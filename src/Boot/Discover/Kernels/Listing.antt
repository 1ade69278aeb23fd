-- ===== src/Boot/Discover/Kernels/Listing.antt =====
-- Which kernels are listed, and in which order (boot/src/discover.rs).
use zboot.Base.{◌≡◌, ◌↔◌, Bool, true, Option, List, [], ◌∷◌, Str, In}
use zboot.Boot.Discover.{KernelEntry}
use zboot.Boot.Discover.Kernels.Names.{Before, IsKernel, Linked, Paired}

-- Each entry comes before the next.
abbrev pub InOrder : List KernelEntry → Type 0
InOrder [] = Unit
InOrder (j ∷ []) = Unit
InOrder (j ∷ k ∷ ks) = Before j.vmlinuz k.vmlinuz × InOrder (k ∷ ks)

module _ (there : Str → Bool) (link : Option Str) where
  -- What an entry of the list says of its kernel.
  pub record IsEntry (names : List Str) (k : KernelEntry) : Type 0 where
    pub listed : In k.vmlinuz names
    pub kernel : IsKernel k.vmlinuz
    pub paired : Paired there k.vmlinuz k.initrd
    pub marked : (k.default ≡ true) ↔ Linked link k.vmlinuz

· · · · ·

## REQUIRED ACTION
When the line containing "InOrder (j ∷ []) = Unit" is reached, return it and every later line through the end of the listing above, unaltered and alone.

## EXERCISE SOLUTION
InOrder (j ∷ []) = Unit
InOrder (j ∷ k ∷ ks) = Before j.vmlinuz k.vmlinuz × InOrder (k ∷ ks)

module _ (there : Str → Bool) (link : Option Str) where
  -- What an entry of the list says of its kernel.
  pub record IsEntry (names : List Str) (k : KernelEntry) : Type 0 where
    pub listed : In k.vmlinuz names
    pub kernel : IsKernel k.vmlinuz
    pub paired : Paired there k.vmlinuz k.initrd
    pub marked : (k.default ≡ true) ↔ Linked link k.vmlinuz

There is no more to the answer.